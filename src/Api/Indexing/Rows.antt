-- ===== src/Api/Indexing/Rows.antt =====
-- The tables of frvt/api/indexing, on classes of frvt/api/models/__init__.py, and the queries on them.
-- A table is the list of its rows. The payload of a mapping is its text.
use versification_tool.Prelude.{
  ℕ, Bool, true, false, not, ◌&&◌, ◌||◌, Option, none, some, List, [], ◌∷◌, if◌then◌else◌, map,
}
use versification_tool.Prelude.Equality.{nat_eq, pair_eq, ◌==◌, contains}
use versification_tool.Prelude.Texts.{Text, text_eq}

-- `INDEX_STATUSES`
pub data IndexStatus : Type 0 where
  pending building ready failed cancelled : IndexStatus

abbrev pub status_beq : IndexStatus → IndexStatus → Bool
status_beq pending pending = true
status_beq building building = true
status_beq ready ready = true
status_beq failed failed = true
status_beq cancelled cancelled = true
status_beq _ _ = false

pub record TranslationIndex : Type 0 where
  pub id : ℕ
  pub translation_id : ℕ
  pub scheme_id : ℕ
  pub scheme_explicit : Bool
  pub status : IndexStatus
  pub cancel_requested : Bool
  pub content_fingerprint : Option Text
  pub pending_reason : Option Text
  pub build_notes : Option Text
  pub last_error : Option Text
  pub pairs_total : ℕ
  pub pairs_completed : ℕ
  pub requested_at : ℕ
  pub started_at : Option ℕ
  pub completed_at : Option ℕ

pub record IndexMapping : Type 0 where
  pub source_index_id : ℕ
  pub target_index_id : ℕ
  pub source_ref : Text
  pub payload : Text

-- The ids of `index_reclaim` stand in the order of their requests.
pub record Tables : Type 0 where
  pub indexes : List TranslationIndex
  pub reclaim : List ℕ
  pub mappings : List IndexMapping

-- What is unique in the table.
abbrev pub pair_of : TranslationIndex → ℕ × ℕ
pair_of row = (row.translation_id, row.scheme_id)

-- `session.get(TranslationIndex, id)`
unfoldable pub find_row : ℕ → List TranslationIndex → Option TranslationIndex
find_row id [] = none
find_row id (row ∷ rows) = let rest = find_row id rows in if row.id == id then some row else rest

-- A change of the row with an id.
unfoldable pub on_row :
    ℕ → (TranslationIndex → TranslationIndex) → List TranslationIndex → List TranslationIndex
on_row id change [] = []
on_row id change (row ∷ rows) =
    let rest = on_row id change rows in if row.id == id then change row ∷ rows else row ∷ rest

unfoldable pub delete_row : ℕ → List TranslationIndex → List TranslationIndex
delete_row id [] = []
delete_row id (row ∷ rows) =
    let rest = delete_row id rows in if row.id == id then rows else row ∷ rest

-- Whether a row other than `id` has the pair.
unfoldable pub clashes : ℕ → ℕ × ℕ → List TranslationIndex → Bool
clashes id pair [] = false
clashes id pair (row ∷ rows) = (not (row.id == id) && pair_of row == pair) || clashes id pair rows

-- A change of every row that a query selects.
unfoldable pub on_rows :
    (TranslationIndex → Bool)
    → (TranslationIndex → TranslationIndex)
    → List TranslationIndex
    → List TranslationIndex
on_rows selects change [] = []
on_rows selects change (row ∷ rows) =
    let rest = on_rows selects change rows in if selects row then change row ∷ rest else row ∷ rest

unfoldable pub selected : (TranslationIndex → Bool) → List TranslationIndex → List TranslationIndex
selected selects [] = []
selected selects (row ∷ rows) =
    let rest = selected selects rows in if selects row then row ∷ rest else rest

abbrev pub ids : List TranslationIndex → List ℕ
ids = map (λ row. row.id)

-- `unique (translation_id, scheme_id)`, which the database checks at a flush.
unfoldable pub is_unique : List TranslationIndex → Bool
unfolding contains
is_unique [] = true
is_unique (row ∷ rows) = not (contains (pair_of row) (map pair_of rows)) && is_unique rows
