-- ===== src/Examples/Indexers.antt =====
-- The coordinator and the downloader at concrete inputs.
use chain_indexor.Prelude.{
  ◌+◌, ◌*◌, ℕ, ◌≡◌, ◌+◌, ◌&&◌, ◌||◌, refl, arith, false, some, List, [], ◌∷◌, any, leb, keep,
  length, u64_sub, inl,
}
use chain_indexor.Types.{Log, Error, Result, ok, err, Done}
use chain_indexor.Unsynced.{lookup}
use chain_indexor.LogStore.Storing.{listed}
use chain_indexor.Fetcher.{FetchMode, FetchResult, FetchState, FetchEnv, fetch_next}
use chain_indexor.SyncManager.{SyncState, no_sync_faults}
use chain_indexor.Coordinator.{
  handle_reorg, Indexer, IndexerCoordinator, new_indexer_coordinator, or_empty, register_indexer,
  routed_logs,
}
use chain_indexor.Coordinator.Registered.{wants, routed_logs-register_all}
use chain_indexor.Downloader.{Downloader, new_downloader, Turn, Session, route, take_turn}
use chain_indexor.Downloader.Register.{asks, IsAligned, register_all-listed}
use chain_indexor.Downloader.Turns.{RolledBack, rolled_back, take_turn_reorg}
use chain_indexor.Downloader.Progress.{LogsFirst, take_turn_fetched, take_turn_reorg_repeats}
use chain_indexor.Examples.Chain.{chain, view, log_14, stale_rows}
use chain_indexor.Examples.Fetches.{config, heads_at, env, fresh}
use chain_indexor.Coordinator.Registered
use chain_indexor.Downloader.Register

abbrev transfers : Indexer
transfers = record { id = 1; name = 1; start_block = 5; events_to_index = (7, 70 ∷ []) ∷ [] }

abbrev everything : Indexer
everything = record { id = 2; name = 2; start_block = 20; events_to_index = (7, []) ∷ (8, []) ∷ [] }

routed_logs-register_all_example :
    or_empty (
      lookup 1 (
        routed_logs
          (Registered.register_all (transfers ∷ everything ∷ []) new_indexer_coordinator)
          (log_14 ∷ [])))
    ≡ keep (λ l. wants transfers.events_to_index l && leb 5 l.block_number) (log_14 ∷ [])
routed_logs-register_all_example =
    routed_logs-register_all (transfers ∷ everything ∷ []) transfers (log_14 ∷ [])
      ((λ h. refl), ((λ h. cc), tt)) (inl refl)

register_all-listed_example :
    IsAligned (Register.register_all (transfers ∷ everything ∷ []) new_downloader)
    × (listed 7 70
          (Register.register_all (transfers ∷ everything ∷ []) new_downloader).addresses
          (Register.register_all (transfers ∷ everything ∷ []) new_downloader).topics
        ≡ (listed 7 70 [] []
            || any (λ ix. asks 7 70 ix.events_to_index) (transfers ∷ everything ∷ [])))
unfolding new_downloader
register_all-listed_example =
    register_all-listed (transfers ∷ everything ∷ []) new_downloader 7 70 refl

-- The indexers' state counts the logs that they were handed.
abbrev count : ℕ → List Log → ℕ → Result Done × ℕ
count i logs n = (ok tt, n + length logs)

abbrev refuse : ℕ → List Log → ℕ → Result Done × ℕ
refuse i logs n = (err (Error.indexer_failed i), n)

abbrev no_rollback : ℕ → ℕ → ℕ → Result Done × ℕ
no_rollback i b n = (ok tt, n)

abbrev turn_with : FetchEnv → (ℕ → List Log → ℕ → Result Done × ℕ) → Turn ℕ
turn_with e on_logs = record {
  is_cancelled = false;
  fetch_env = e;
  heads = heads_at 20 ∷ [];
  now = 1000;
  sync_faults = no_sync_faults;
  state_faults = no_sync_faults;
  on_logs = on_logs;
  on_reorg = no_rollback;
}

abbrev at_13 : SyncState
at_13 = record {
  last_indexed_block = 13;
  last_indexed_block_hash = 113;
  last_indexed_timestamp = 900;
  mode = FetchMode.backfill;
}

abbrev session_13 : Session ℕ
session_13 = record {
  state = at_13;
  last_indexed_block = 13;
  fetcher = fresh;
  row = some at_13;
  world = 0;
}

abbrev ic : IndexerCoordinator
ic = record {
  address_topics = (7, (70, 1 ∷ []) ∷ []) ∷ [];
  address_all_topics = [];
  indexers = transfers ∷ [];
  start_blocks = (1, 5) ∷ [];
}

ic_registered : ic ≡ register_indexer transfers new_indexer_coordinator
unfolding register_indexer new_indexer_coordinator
ic_registered = refl

abbrev result_14 : FetchResult
result_14 = record {
  logs = log_14 ∷ [];
  headers = view 14 ∷ view 15 ∷ view 16 ∷ [];
  from_block = 14;
  to_block = 16;
}

abbrev fetched_13 : FetchState
fetched_13 = (fetch_next config env (heads_at 20 ∷ []) 13 13 fresh).1
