-- ===== src/RecordGen.antt =====
-- src/probes/telem_record_gen.c: the payload, the record and the run of the command telem-record-gen.
-- The texts of help and version, of stderr and of the log are left out.
pub mod Options
pub mod Instances
pub mod Arrival
use telemetrics_client.Base.{
  ℕ, zero, ◌+◌, ◌-◌, Bool, true, false, List, [], ◌∷◌, ◌++◌, Option, none, some, if◌then◌else◌,
  take,
}
use telemetrics_client.Base.Bytes.{Bytes, c_string}
use telemetrics_client.Base.Int.{ℤ, pos, negsuc}
use telemetrics_client.Base.Run.{Run, done}
use telemetrics_client.Base.Run
use telemetrics_client.Client.EventId.{tm_set_event_id}
use telemetrics_client.Client.Headers.{ClientSystem, Made, made, refused, tm_create_record, ◌>>=◌}
use telemetrics_client.Client.Socket.{SocketCalls, Wrote, tm_send_record}
use telemetrics_client.Common.{max_payload_length}
use telemetrics_client.Record.Payload.{tm_set_payload}
use telemetrics_client.Record.Wire.{TelemRecord, concat}
use telemetrics_client.RecordGen.Options.{
  GenOptions, defaults, GenOption, severity, class, payload, Parsed, parsed, failed, exits,
  parse_options, validate_opts,
}

-- A file that does not open, or what fread gives of it and whether it fails.
pub data ReadFile : Type 0 where
  missing : ReadFile
  contents : Bytes → Bool → ReadFile

-- The C string in the zeroed buffer after at most MAX_PAYLOAD_LENGTH - 1 bytes are in it.
unfoldable pub in_buffer : Bytes → Bytes
in_buffer text = c_string (take (max_payload_length - 1) text)

unfoldable pub get_payload_from_file : ReadFile → Option Bytes
unfolding in_buffer
get_payload_from_file missing = none
get_payload_from_file (contents [] true) = none
get_payload_from_file (contents [] false) = some []
get_payload_from_file (contents (c ∷ cs) fails) = some (in_buffer (c ∷ cs))

-- The file, the option or the standard input.
unfoldable pub get_payload : GenOptions → ReadFile → Bytes → Option Bytes
unfolding get_payload_from_file in_buffer
get_payload g file stdin = elim g.opt_payload_file [
  | some path ↦ get_payload_from_file file
  | none ↦ elim g.opt_payload [ some text ↦ some (in_buffer text) | none ↦ some (in_buffer stdin) ]
]

-- The record, if the status is not negative.
unfoldable pub of_status : ℤ × TelemRecord → Made
of_status (pos n, r) = made r
of_status (negsuc n, r) = refused (negsuc n)

unfoldable pub with_event_id : Option Bytes → TelemRecord → Run Made
unfolding tm_set_event_id of_status
with_event_id none r = done (made r)
with_event_id (some id) r = done (of_status (tm_set_event_id (some id) r))

-- The class is there, as validate_opts has seen.
unfoldable pub class_of : GenOptions → Bytes
class_of g = elim g.opt_class [ none ↦ [] | some text ↦ text ]

unfoldable pub instanciate_record : ClientSystem → ℕ → GenOptions → Bytes → Run Made
unfolding with_event_id tm_set_payload of_status class_of
instanciate_record sys left_over g text =
    tm_create_record sys left_over g.severity (class_of g) g.payload_version
    >>= (λ r. with_event_id g.opt_event_id r)
    >>= (λ r. done (of_status (tm_set_payload text r)))

-- What print_record writes to the standard output.
unfoldable pub record_text : Made → Bytes
unfolding concat
record_text (refused status) = []
record_text (made r) = concat r.headers ++ (r.payload ++ b'\n' ∷ [])

-- What the client library meets in one call, besides the system of tm_create_record.
pub record Posting : Type 0 where
  pub opted_out : Bool
  pub calls : SocketCalls
  pub writes : List Wrote
  pub cfg_file : Option Bytes

unfoldable pub send_made : Posting → Made → Run (Option ℤ × Bytes)
unfolding tm_send_record
send_made p (refused status) = done (some status, [])
send_made p (made r) = tm_send_record p.opted_out p.calls p.writes r p.cfg_file

-- The exit status, if the last write has come back; the standard output; what was sent.
pub record GenRun : Type 0 where
  pub status : Option ℕ
  pub printed : Bytes
  pub sent : Bytes

unfoldable pub exit_of : Option ℤ → Option ℕ
exit_of none = none
exit_of (some (pos zero)) = some 0
exit_of (some _) = some 1

abbrev ended : ℕ → GenRun
ended status = record { status = some status; printed = []; sent = [] }

-- From the payload on; each of the two records has its own view of the system.
unfoldable pub run_payload :
    ClientSystem → ClientSystem → ℕ → Posting → GenOptions → Option Bytes → Run GenRun
unfolding instanciate_record record_text send_made exit_of
run_payload shown sys left_over p g none = done (ended 1)
run_payload shown sys left_over p g (some text) =
    Run.◌>>=◌
      (if g.opt_echo
        then Run.◌>>=◌ (instanciate_record shown left_over g text) (λ m. done (record_text m))
        else done [])
      (λ printed.
        if g.opt_nopost
        then done (record { status = some 0; printed = printed; sent = [] })
        else Run.◌>>=◌ (instanciate_record sys left_over g text) (λ m.
          Run.◌>>=◌ (send_made p m) (λ (status, sent).
            done (record { status = exit_of status; printed = printed; sent = sent }))))

unfoldable pub run_parsed :
    ClientSystem → ClientSystem → ℕ → Posting → ReadFile → Bytes → Parsed → Run GenRun
unfolding run_payload validate_opts get_payload
run_parsed shown sys left_over p file stdin failed = done (ended 1)
run_parsed shown sys left_over p file stdin (exits status) = done (ended status)
run_parsed shown sys left_over p file stdin (parsed g) =
    if validate_opts g
    then run_payload shown sys left_over p g (get_payload g file stdin)
    else done (ended 1)

unfoldable pub main :
    ClientSystem → ClientSystem → ℕ → Posting → ReadFile → Bytes → List GenOption → Run GenRun
unfolding run_parsed parse_options
main shown sys left_over p file stdin options =
    run_parsed shown sys left_over p file stdin (parse_options defaults options)
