-- ===== src/RecordGen/Instances.antt =====
-- What telem-record-gen makes of options that `validate_opts` accepts.
use telemetrics_client.Base.{
  and_left, and_right, ℕ, ◌≤◌, ◌≡◌, inl, inr, refl, sym, ap, ◌∙◌, true, ◌&&◌, List, [], ◌∷◌, ◌++◌,
  Option, none, some, leb, length, get_elem?, set, set-get_elem?, get_elem?-set_there,
  get_elem?-set_ne, arith, Option-cases, ==_iff,
}
use telemetrics_client.Base.Bytes.{Bytes, codes, Lacks}
use telemetrics_client.Base.Int.{ℤ, pos, negsuc}
use telemetrics_client.Base.Run.{done}
use telemetrics_client.Client.Creation.{HasHeaders, tm_create_record-HasHeaders}
use telemetrics_client.Client.EventId.{tm_set_event_id, tm_set_event_id-HasHeaders}
use telemetrics_client.Client.Fields.{IsUsable}
use telemetrics_client.Client.Headers.{ClientSystem, made, clamp_severity}
use telemetrics_client.Journal.{decimal}
use telemetrics_client.Record.Payload.{IsText, tm_set_payload_takes}
use telemetrics_client.Record.Wire.{TelemRecord}
use telemetrics_client.RecordGen.{of_status, with_event_id, class_of, instanciate_record}
use telemetrics_client.RecordGen.Options.{
  GenOptions, class_accepted, two_slashes, event_id_accepted, validate_opts,
}
use telemetrics_client.Util.{validate_classification, validate_event_id, scan_classification}

class_accepted_valid :
    (c : ℕ) (cs : Bytes)
    → class_accepted (some (c ∷ cs)) ≡ true
    → validate_classification (some (c ∷ cs)) ≡ done 0
unfolding class_accepted validate_classification two_slashes
class_accepted_valid c cs e = elim (Option-cases (scan_classification 0 0 (c ∷ cs))) [
  | inl long ↦ absurd (ground (arith, e, long))
  | inr (slashes, found) ↦ ground (arith, e, found)
]

class_given :
    (sys_class : Option Bytes) (class : Bytes)
    → sys_class ≡ some class
    → class_accepted sys_class ≡ true
    → validate_classification (some class) ≡ done 0
unfolding class_accepted
class_given none class e a = cc
class_given (some []) class e a = cc
class_given (some (c ∷ cs)) class e a =
    let same : c ∷ cs ≡ class = cc in rw (sym same) (class_accepted_valid c cs a)

-- The event id that a record has: the one that is given, or the random one.
abbrev pub chosen_id : Option Bytes → Bytes → Bytes
chosen_id none random = random
chosen_id (some id) random = id

abbrev id_header : Bytes → Bytes
id_header id = codes "event_id" ++ (codes ": " ++ id)

of_status_zero : (p : ℤ × TelemRecord) → p.0 ≡ pos 0 → of_status p ≡ made p.1
unfolding of_status
of_status_zero (pos n, r) e = refl
of_status_zero (negsuc n, r) e = absurd cc

with_event_id-HasHeaders :
    (given : Option Bytes) (r : TelemRecord) (hs : List Bytes) (random : Bytes)
    → event_id_accepted given ≡ true
    → HasHeaders r hs
    → get_elem? hs 14 ≡ some (id_header random)
    → length random ≡ 32
    → (s : TelemRecord) × (with_event_id given r ≡ done (made s))
      × HasHeaders s (set hs 14 (id_header (chosen_id given random)))
unfolding with_event_id event_id_accepted of_status
with_event_id-HasHeaders none r hs random a h at usual =
    (r, refl, rw (set-get_elem? hs 14 (id_header random) at) h)
with_event_id-HasHeaders (some id) r hs random a h at usual =
    elim (tm_set_event_id-HasHeaders r hs (id_header random) id h at (omega (arith, usual))) [
      | inl (valid, returns, has) ↦ (
        (tm_set_event_id (some id) r).1,
        ap done (of_status_zero (tm_set_event_id (some id) r) returns),
        has,
      )
      | inr (invalid, _) ↦ absurd (invalid ((==_iff (validate_event_id (some id)) 0).0 a))
    ]

clamp_kept : (n : ℕ) → (leb 1 n && leb n 4) ≡ true → clamp_severity n ≡ n
unfolding clamp_severity
clamp_kept n h = ground (arith, h)

-- With options that validate_opts accepts, on a usable system whose random ids have 32 bytes, and with
-- a class that holds no newline and no NUL: when the payload has at most
-- 8192 bytes, printable or white space, the record is made. It has a header for each name in order,
-- each on one line, with the class, the severity as it was given and the given event id, or else the
-- random one; and it has the payload.
pub instanciate_record-HasHeaders :
    (sys : ClientSystem) (left_over : ℕ) (g : GenOptions) (class text : Bytes) (u : IsUsable sys)
    → length u.random_id.0 ≡ 32
    → g.opt_class ≡ some class
    → validate_opts g ≡ true
    → Lacks b'\n' class
    → Lacks 0 class
    → length text ≤ 8192
    → IsText text
    → (r : TelemRecord) × (hs : List Bytes) × (instanciate_record sys left_over g text
        ≡ done (made r))
      × HasHeaders r hs
      × (r.payload ≡ text)
      × (r.payload_size ≡ length text)
      × (get_elem? hs 1 ≡ some (codes "classification" ++ (codes ": " ++ class)))
      × (get_elem? hs 2 ≡ some (codes "severity" ++ (codes ": " ++ decimal g.severity)))
      × (get_elem? hs 14 ≡ some (id_header (chosen_id g.opt_event_id u.random_id.0)))
unfolding validate_opts instanciate_record class_of
instanciate_record-HasHeaders sys left_over g class text u usual given valid line nul short texts =
    let id_ok =
      and_right (leb 1 g.severity && leb g.severity 4) _
        (and_right (class_accepted g.opt_class) _ valid) in
    let level =
      and_left (leb 1 g.severity && leb g.severity 4) _
        (and_right (class_accepted g.opt_class) _ valid) in
    let class_ok =
      class_given g.opt_class class given (and_left (class_accepted g.opt_class) _ valid) in
    let (r, hs, created, has, at_1, at_2, at_14) =
      tm_create_record-HasHeaders sys left_over g.severity class g.payload_version u class_ok line
        nul in
    let (s, named, has') =
      with_event_id-HasHeaders g.opt_event_id r hs u.random_id.0 id_ok has at_14 usual in
    let hs' = set hs 14 (id_header (chosen_id g.opt_event_id u.random_id.0)) in
    let exact : clamp_severity g.severity ≡ g.severity = clamp_kept g.severity level in
    (
      record s { payload = text; payload_size = length text },
      hs',
      rw (given, created, named, tm_set_payload_takes text s short texts)
          (unfold of_status in refl),
      record { lines = has'.lines; named = has'.named; header_size = has'.header_size },
      refl,
      refl,
      get_elem?-set_ne hs (id_header _) (omega arith) ∙ at_1,
      get_elem?-set_ne hs (id_header _) (omega arith)
          ∙ at_2
          ∙ ap (λ n. some (codes "severity" ++ (codes ": " ++ decimal n))) exact,
      get_elem?-set_there hs 14 _ _ at_14,
    )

Work to complete: Select every line of the material above holding the word "SyncState" and copy it.

Exercise solution:
use chain_indexor.SyncManager.{SyncState, no_sync_faults}
abbrev at_13 : SyncState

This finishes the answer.